Sunday, November 4, 2007

Bob Dylan in Worcester, MA


I had a strong urge to call Dylan a "rakish little man" in his broad white hat and smart suit. What stuck with me was how every song sounded bluesy, every chorus a bit more sinister, even the love songs slightly melancholy, and yet the subtle joy of creation flowed on the stage constantly. Dylan moved like a drunk cartoon character from the waist up while he played harp, but didn't move his feet for two hours. He growled more than he sang, which was particularly effective on "John Brown," "Don't Think Twice," and "Ballad of a Thin Man."
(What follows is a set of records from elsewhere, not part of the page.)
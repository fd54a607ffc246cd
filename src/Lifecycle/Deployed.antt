-- ===== src/Lifecycle/Deployed.antt =====
-- compute_space/src/compute_space/core/apps.py: what deployments keep.
use aerosol.Prelude.{
  nat_eq, list_eq, ◌==◌, eq_iff, if_elim, ◌≡◌, refl, ◌∙◌, inl, inr, Bool, Option, none, some, List,
  Elem, Text, Bool-cases,
}
use aerosol.Db.{App, PortRow, Db, error}
use aerosol.Services.{register_services_provided_by_app}
use aerosol.Lifecycle.{AppManifest, update_app}
use aerosol.Lifecycle.Launch.{
  Runtime, Launch, Build, run_app_image, build_image, build_then_run_app, caught,
  deploy_app_background, low_storage_message,
}
use aerosol.Lifecycle.Rows.{
  IsChange, ids-update_app, names-update_app, ports-update_app, elem-update_app_own,
  elem-update_app_other,
}
use aerosol.Lifecycle.Tracked.{IsTracked}
use aerosol.Lifecycle.Orphans.{HasKeys, Obeys, run_app_image-obeyed}
use aerosol.Lifecycle.Preserved.{IsStable}
use aerosol.Lifecycle.Installed.{IsSound}

-- Changes of rows and registrations keep the keys of the schema.
pub IsSound-IsStable : IsStable IsSound
unfolding register_services_provided_by_app update_app
IsSound-IsStable = record {
  changes = λ app_id change db keeps sound. record {
    keys = record {
      ids = rw (ids-update_app app_id change keeps db) sound.keys.ids;
      names = rw (names-update_app app_id change keeps db) sound.keys.names;
    };
    consistent = record {
      distinct = rw (ports-update_app app_id change keeps db) sound.consistent.distinct;
      linked = λ m n.
          let (a, listed, e) = sound.consistent.linked m n in
          still_linked app_id change db keeps m a listed e;
    };
  };
  registers = λ app_id provides db sound. record {
    keys = record { ids = sound.keys.ids; names = sound.keys.names };
    consistent = record { distinct = sound.consistent.distinct; linked = sound.consistent.linked };
  };
}
  where
    still_linked :
        (app_id : Text) (change : App → App) (db : Db)
        → IsChange change
        → (m : PortRow) (a : App) → Elem a db.apps
        → a.app_id ≡ m.app_id
        → (b : App) × Elem b (update_app app_id change db).apps × (b.app_id ≡ m.app_id)
    still_linked app_id change db keeps m a listed e = elim (Bool-cases (a.app_id == app_id)) [
      | inl own ↦ (
        change a,
        elem-update_app_own app_id change keeps db a listed ((eq_iff a.app_id app_id).0 own),
        keeps.same_id a ∙ e,
      )
      | inr other ↦ (
        a,
        elem-update_app_other app_id change keeps db a listed
            (λ same. let k = (eq_iff a.app_id app_id).1 same in cc),
        e,
      )
    ]

-- A change that leaves the container's id alone keeps the containers tracked.
pub steady-IsTracked :
    (app_id : Text) (change : App → App) (rt : Runtime)
    → IsChange change
    → ((a : App) → (change a).container_id ≡ a.container_id)
    → IsTracked rt
    → IsTracked (record rt { db = update_app app_id change rt.db })
steady-IsTracked app_id change rt keeps steady tracked c m =
    let (a, listed, holds) = tracked c m in
    elim (Bool-cases (a.app_id == app_id)) [
      | inl own ↦ (
        change a,
        elem-update_app_own app_id change keeps rt.db a listed ((eq_iff a.app_id app_id).0 own),
        (keeps.same_name a ∙ holds.0, steady a ∙ holds.1),
      )
      | inr other ↦ (
        a,
        elem-update_app_other app_id change keeps rt.db a listed
            (λ same. let k = (eq_iff a.app_id app_id).1 same in cc),
        holds,
      )
    ]

module _ (digest : Text → Text) (app_id : Text) (manifest : AppManifest) (launch : Launch) where
  pub deploy-IsTracked :
      (low : Bool) (attempts : List Build) (rt : Runtime)
      → HasKeys rt.db
      → Obeys launch
      → IsTracked rt
      → IsTracked (deploy_app_background digest app_id manifest low attempts launch rt)
  unfolding deploy_app_background build_then_run_app caught
  deploy-IsTracked low attempts rt keys obeys tracked =
      if_elim IsTracked low (λ full. in_error (rt, some low_storage_message) tracked)
        (λ fits. by_build (build_image 3 attempts))
    where
      in_error : (end : Runtime × Option Text) → IsTracked end.0 → IsTracked (caught app_id end)
      in_error (after, none) t = t
      in_error (after, some message) t =
          steady-IsTracked app_id (λ a. record a { status = error; error_message = some message })
            after (record { same_id = λ a. refl; same_name = λ a. refl; same_port = λ a. refl })
            (λ a. refl) t

      by_build :
          (o : Option Text)
          → IsTracked (
              caught app_id (elim o as (λ _. Runtime × Option Text) [
                | some message ↦ (rt, some message)
                | none ↦ run_app_image digest app_id manifest launch rt
              ]))
      by_build (some message) = in_error (rt, some message) tracked
      by_build none =
          in_error (run_app_image digest app_id manifest launch rt)
            (run_app_image-obeyed digest app_id manifest launch rt keys obeys tracked)
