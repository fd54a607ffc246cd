-- ===== src/Ports/Labels.antt =====
-- The labels of resolved mappings, and which resolved mapping is whose.
use aerosol.Prelude.{
  ℕ, nat_eq, eq_iff, ◌≤◌, ◌<◌, ◌≡◌, ◌≢◌, refl, sym, ap, ◌∙◌, inl, inr, Bool, Option, List, [], ◌∷◌,
  ◌++◌, map, arith, Elem, Distinct, Distinct-append, Distinct-map-filter, elem-append, elem-filter,
  elem-map, elem-map_inv, map-append_lem, filter, same_key, Text, Bool-cases,
}
use aerosol.Db.{Db}
use aerosol.Ports.{Host, PortMapping}
use aerosol.Ports.Resolve.{is_fixed, is_auto, Assigned, IsResolved}

abbrev pub mapping_labels : List PortMapping → List Text
mapping_labels mappings = map (λ (m : PortMapping). m.label) mappings

-- What a mapping is resolved to.
pub record IsAnswer (range_start range_end : ℕ) (m r : PortMapping) : Type 0 where
  pub label : r.label ≡ m.label
  pub container_port : r.container_port ≡ m.container_port
  pub own : m.host_port ≢ 0 → r.host_port ≡ m.host_port
  pub found : m.host_port ≡ 0 → (range_start ≤ r.host_port) × (r.host_port ≤ range_end)

labels-Assigned :
    (lo hi : ℕ) (ms rs : List PortMapping)
    → Assigned lo hi ms rs
    → mapping_labels rs ≡ mapping_labels ms
labels-Assigned lo hi [] [] h = refl
labels-Assigned lo hi (m ∷ ms) (r ∷ rs) h = rw h.0.0 (rw (labels-Assigned lo hi ms rs h.1) refl)
labels-Assigned lo hi [] (r ∷ rs) h = absurd h
labels-Assigned lo hi (m ∷ ms) [] h = absurd h

Assigned-answer :
    (lo hi : ℕ) (m : PortMapping) (ms rs : List PortMapping)
    → Assigned lo hi ms rs
    → Elem m ms
    → m.host_port ≡ 0
    → (r : PortMapping) × Elem r rs × IsAnswer lo hi m r
Assigned-answer lo hi m [] rs h listed zero_port = elim listed [ ]
Assigned-answer lo hi m (x ∷ ms) [] h listed zero_port = absurd h
Assigned-answer lo hi m (x ∷ ms) (r ∷ rs) h (inl e) zero_port = (
  r,
  inl refl,
  record {
    label = h.0.0 ∙ ap (λ (y : PortMapping). y.label) e;
    container_port = h.0.1 ∙ ap (λ (y : PortMapping). y.container_port) e;
    own = λ other. absurd (other zero_port);
    found = λ z. (h.0.2, h.0.3);
  },
)
Assigned-answer lo hi m (x ∷ ms) (r ∷ rs) h (inr n) zero_port =
    let (q, listed, answer) = Assigned-answer lo hi m ms rs h.1 n zero_port in
    (q, inr listed, answer)

Assigned-positive :
    (lo hi : ℕ) (r : PortMapping) (ms rs : List PortMapping)
    → Assigned lo hi ms rs
    → Elem r rs
    → 0 < lo
    → r.host_port ≢ 0
Assigned-positive lo hi r ms [] h listed pos = elim listed [ ]
Assigned-positive lo hi r [] (q ∷ rs) h listed pos = absurd h
Assigned-positive lo hi r (m ∷ ms) (q ∷ rs) h (inl e) pos =
    ground (arith, h.0, ap (λ (y : PortMapping). y.host_port) e)
Assigned-positive lo hi r (m ∷ ms) (q ∷ rs) h (inr n) pos =
    Assigned-positive lo hi r ms rs h.1 n pos

-- A mapping is fixed or not, so the two parts of a list have different labels.
parts-apart :
    (mappings : List PortMapping) (label : Text)
    → Distinct (mapping_labels mappings)
    → Elem label (mapping_labels (filter is_fixed mappings))
    → ¬ Elem label (mapping_labels (filter is_auto mappings))
parts-apart mappings label d m n =
    let (a, listed, e) =
      elem-map_inv (λ (x : PortMapping). x.label) label (filter is_fixed mappings) m in
    let (b, there, f) =
      elem-map_inv (λ (x : PortMapping). x.label) label (filter is_auto mappings) n in
    let left = (elem-filter is_fixed a mappings).0 listed in
    let right = (elem-filter is_auto b mappings).0 there in
    let same : a ≡ b =
      same_key (λ (x : PortMapping). x.label) a b mappings d left.0 right.0 (e ∙ sym f) in
    ground (arith, left.1, right.1, same)

module _ (h : Host) (db : Db) (exclude : Option Text) (range_start range_end : ℕ)
    (mappings result : List PortMapping)
    (resolved : IsResolved h db exclude range_start range_end mappings result) where
  labels_parts :
      mapping_labels result
      ≡ mapping_labels (filter is_fixed mappings) ++ mapping_labels (filter is_auto mappings)
  labels_parts =
      ap mapping_labels resolved.parts
      ∙ map-append_lem (λ (m : PortMapping). m.label) (filter is_fixed mappings) resolved.auto
      ∙ ap (λ (l : List Text). mapping_labels (filter is_fixed mappings) ++ l)
          (labels-Assigned range_start range_end (filter is_auto mappings) resolved.auto
            resolved.assigned)

  pub labels-Distinct : Distinct (mapping_labels mappings) → Distinct (mapping_labels result)
  labels-Distinct d = rw labels_parts (
      Distinct-append (mapping_labels (filter is_fixed mappings))
        (mapping_labels (filter is_auto mappings))
        (Distinct-map-filter (λ (m : PortMapping). m.label) is_fixed mappings d)
        (Distinct-map-filter (λ (m : PortMapping). m.label) is_auto mappings d)
        (λ label m. parts-apart mappings label d m))

  pub elem-labels :
      (label : Text) → Elem label (mapping_labels result) → Elem label (mapping_labels mappings)
  elem-labels label m =
      elim ((elem-append label (mapping_labels (filter is_fixed mappings))
          (mapping_labels (filter is_auto mappings))).0
        (rw labels_parts at m)) [
          | inl fixed ↦ within is_fixed fixed
          | inr auto ↦ within is_auto auto
        ]
    where
      within :
          (p : PortMapping → Bool)
          → Elem label (mapping_labels (filter p mappings))
          → Elem label (mapping_labels mappings)
      within p n =
          let (a, listed, e) =
            elem-map_inv (λ (x : PortMapping). x.label) label (filter p mappings) n in
          rw (← e) (
            elem-map (λ (x : PortMapping). x.label) a mappings
              ((elem-filter p a mappings).0 listed).0)

  pub answer :
      (m : PortMapping)
      → Elem m mappings
      → (r : PortMapping) × Elem r result × IsAnswer range_start range_end m r
  answer m listed = elim (Bool-cases (is_auto m)) [
    | inl auto ↦
        let (r, there, good) =
          Assigned-answer range_start range_end m (filter is_auto mappings) resolved.auto
            resolved.assigned ((elem-filter is_auto m mappings).1 (listed, auto))
            ((eq_iff m.host_port 0).0 auto) in
        (
          r,
          rw resolved.parts
              ((elem-append r (filter is_fixed mappings) resolved.auto).1 (inr there)),
          good,
        )
    | inr fixed ↦
        let mine = (elem-filter is_fixed m mappings).1 (listed, ground arith) in
        (
          m,
          rw resolved.parts ((elem-append m (filter is_fixed mappings) resolved.auto).1 (inl mine)),
          record {
            label = refl;
            container_port = refl;
            own = λ other. refl;
            found = λ z. absurd (ground (arith, eq_iff m.host_port 0));
          },
        )
  ]

  pub resolved-positive : 0 < range_start → (r : PortMapping) → Elem r result → r.host_port ≢ 0
  resolved-positive pos r m =
      elim ((elem-append r (filter is_fixed mappings) resolved.auto).0 (rw resolved.parts at m)) [
        | inl fixed ↦
            let kept = (elem-filter is_fixed r mappings).0 fixed in
            λ z. ground (arith, kept.1, eq_iff r.host_port 0)
        | inr auto ↦
            Assigned-positive range_start range_end r (filter is_auto mappings) resolved.auto
              resolved.assigned auto pos
      ]
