-- ===== src/Lifecycle/Reload.antt =====
-- compute_space/src/compute_space/core/apps.py (_sync_port_mappings, reload_app_background): an app takes over
-- a new manifest.
use aerosol.Prelude.{
  ℕ, nat_eq, list_eq, ◌==◌, Bool, not, ◌&&◌, Option, none, some, List, [], ◌∷◌, ◌++◌, map, find?,
  filter, contains, Text, update_where, delete_where,
}
use aerosol.Prelude.Outcome.{Outcome, ok, err}
use aerosol.Db.{PortRow, Db}
use aerosol.Ports.{Host, PortMapping, PortError, resolve_port_mappings}
use aerosol.Ports.Labels.{mapping_labels}
use aerosol.Services.{register_services_provided_by_app}
use aerosol.Lifecycle.{AppManifest, with_manifest, port_row, update_app}
use aerosol.Lifecycle.Launch.{Runtime, Launch, Build, find_app, caught, start_app_process}

-- WHERE app_id = ? AND label = ?
abbrev pub is_mapping : Text → Text → PortRow → Bool
is_mapping app_id label m = m.app_id == app_id && m.label == label

-- `existing[label]`
unfoldable pub existing_row : Text → List PortRow → Text → Option PortRow
existing_row app_id rows label = find? (is_mapping app_id label) rows

-- `old_labels - new_labels`
unfoldable pub removed_labels : Text → List PortMapping → List PortRow → List Text
removed_labels app_id new_mappings rows =
    filter (λ label. not (contains label (mapping_labels new_mappings)))
      (map (λ (m : PortRow). m.label) (filter (λ (m : PortRow). m.app_id == app_id) rows))

unfoldable pub delete_labels : Text → List Text → List PortRow → List PortRow
delete_labels app_id [] rows = rows
delete_labels app_id (removed ∷ labels) rows =
    delete_labels app_id labels (delete_where (is_mapping app_id removed) rows)

abbrev pub with_host_port : PortMapping → Option PortRow → PortMapping
with_host_port pm none = pm
with_host_port pm (some m) = record pm { host_port = m.host_port }

-- A mapping to resolve: it keeps the host port of its label.
unfoldable pub keep_host_port : Text → List PortRow → PortMapping → PortMapping
unfolding existing_row
keep_host_port app_id existing pm = with_host_port pm (existing_row app_id existing pm.label)

unfoldable pub upsert : Text → List PortRow → PortMapping → List PortRow → List PortRow
unfolding existing_row
upsert app_id existing pm rows = elim (existing_row app_id existing pm.label) [
  | none ↦ rows ++ port_row app_id pm ∷ []
  | some old ↦
      update_where (is_mapping app_id pm.label)
        (λ m. record m { container_port = pm.container_port; host_port = pm.host_port }) rows
]

unfoldable pub upsert_all : Text → List PortRow → List PortMapping → List PortRow → List PortRow
unfolding upsert
upsert_all app_id existing [] rows = rows
upsert_all app_id existing (pm ∷ resolved) rows =
    upsert_all app_id existing resolved (upsert app_id existing pm rows)

-- The database with the labels of the new manifest only.
unfoldable pub without_removed : Text → List PortMapping → Db → Db
unfolding removed_labels delete_labels
without_removed app_id new_mappings db = record db {
  app_port_mappings =
      delete_labels app_id (removed_labels app_id new_mappings db.app_port_mappings)
        db.app_port_mappings;
}

-- The second part is the error that `resolve_port_mappings` raises, behind the deletions.
unfoldable pub sync_port_mappings :
    Host → ℕ → ℕ → Text → List PortMapping → Db → Db × Option PortError
unfolding without_removed keep_host_port resolve_port_mappings upsert_all
sync_port_mappings h range_start range_end app_id new_mappings db =
    let existing = db.app_port_mappings in
    let cleared = without_removed app_id new_mappings db in
    elim (resolve_port_mappings h cleared range_start range_end (some app_id)
      (map (keep_host_port app_id existing) new_mappings)) [
        | err e ↦ (cleared, some e)
        | ok resolved ↦ (
          record cleared {
            app_port_mappings = upsert_all app_id existing resolved cleared.app_port_mappings;
          },
          none,
        )
      ]

-- The manifest's columns, ports and providers. The second part is an error of the ports, which ends
-- it before the providers.
unfoldable pub take_manifest : Host → ℕ → ℕ → Text → AppManifest → Db → Db × Option PortError
unfolding with_manifest update_app sync_port_mappings register_services_provided_by_app
take_manifest h range_start range_end app_id manifest db =
    let updated = update_app app_id (with_manifest manifest) db in
    let (synced, failure) =
      sync_port_mappings h range_start range_end app_id manifest.port_mappings updated in
    elim failure [
      | some e ↦ (synced, some e)
      | none ↦ (register_services_provided_by_app app_id manifest.provides synced, none)
    ]

-- The reload from the manifest on; `parsed` is what parse_manifest makes of the checkout, the text of
-- its ValueError where it does not read it, and `describe` the text of an error of the ports. What
-- has been written when an error comes is committed with the status.
unfoldable pub reload_from :
    (Text → Text)
    → (PortError → Text)
    → Host
    → ℕ
    → ℕ
    → Text
    → Outcome Text AppManifest
    → Bool
    → List Build
    → Launch
    → Runtime
    → Runtime
unfolding take_manifest start_app_process caught
reload_from digest describe h range_start range_end app_id parsed low attempts launch rt =
    let start = λ (r : Runtime). start_app_process digest app_id parsed low attempts launch r in
    elim parsed [
      | err message ↦ caught app_id (start rt)
      | ok manifest ↦
          let (taken, failure) = take_manifest h range_start range_end app_id manifest rt.db in
          elim failure [
            | some e ↦ caught app_id (record rt { db = taken }, some (describe e))
            | none ↦ caught app_id (start (record rt { db = taken }))
          ]
    ]

-- `refreshed` is the text raised where the copy of the source fails.
unfoldable pub reload_app_background :
    (Text → Text)
    → (PortError → Text)
    → Host
    → ℕ
    → ℕ
    → Text
    → Option Text
    → Outcome Text AppManifest
    → Bool
    → List Build
    → Launch
    → Runtime
    → Runtime
unfolding find_app reload_from caught
reload_app_background digest describe h range_start range_end app_id refreshed parsed low attempts
      launch rt =
    elim (find_app app_id rt.db) [
      | none ↦ rt
      | some row ↦ elim refreshed [
        | some message ↦ caught app_id (rt, some message)
        | none ↦
            reload_from digest describe h range_start range_end app_id parsed low attempts launch rt
      ]
    ]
The high point for me were songs 11-16, starting with Highway 61 Revisited. It was so loud and urgent I almost didn't recognize it. I was clapping and dancing, filled with awe at how many people love a song with lyrics that complex. I can only hope they know it's more than nonsense. Ain't Talkin' is one of my favorite new songs, and the live version compelled em to say over and over again--"if I ever catch the enemy sleeping, I'll just slaughter him where he lie."

It felt like an incredible gift to hear him play Ballad of a Thin Man and Watchtower, like these are precious drops of sanity in the abysmal chaos of bad American rhetoric, the clear voice of reason shooting through in metaphor. Dylan was a nice southern gentleman, spinning us fables late at night, and the clarity of their truth came through like a balm, and like fire.

We tried to paraphrase the urgency of the performance, the interaction between old protest songs and newer images of a world crumbling under its own inflated language, diluted ideas, and injustices, and my friend Max said: "Love is great, and, we're all getting on the shit-boat." I feel that what Dylan battles now is not the willful injustice of the Masters of War, but the passive, complacent handmaidens to injustice in American cynical "it's always been bad, why do anything" culture. We don't like injustice, but we really don't believe our love can stop it. Or we're afraid to be the ones weilding any power, because that means we can be judged.

At the end, Dylan stood at the front of the stage, weaving and waving his hands, with the band stoically lined up behind him. They didn't bow, they didn't nod, they just presented themselves for our attention. And then they left. And I felt a debt of gratitude. Because he never stopped making art, not when he was using bizarre Christian tropes, not when he was tired or sick or high or alone, not when he was old and had given us more than his fair share of creation. He never stopped making things, never stopped giving. If he was insecure, he was never ruled by it. If he was wrong, it never stopped him. If he was misguided, he found another way. And that model of what it means to be an artist rang so deeply true to me I was moved, moved, moved.

Oh, and the white hat. Did I mention the white hat? The hat was fantastic.

The guy sitting behind us wailed, after every song, "Bobby, Brownsville Girl!" and it didn't irritate me, because there was some obsessive longing in his voice, as if he couldn't help himself, he had to keep hoping, and I identified with that too. The high water is everywhere, and still, I write a novel, and send little missives about music out into cyberspace, and teach my students that justice and personal integrity are still possible. Because if we all gave up when the sadness hit, there would be no music at all.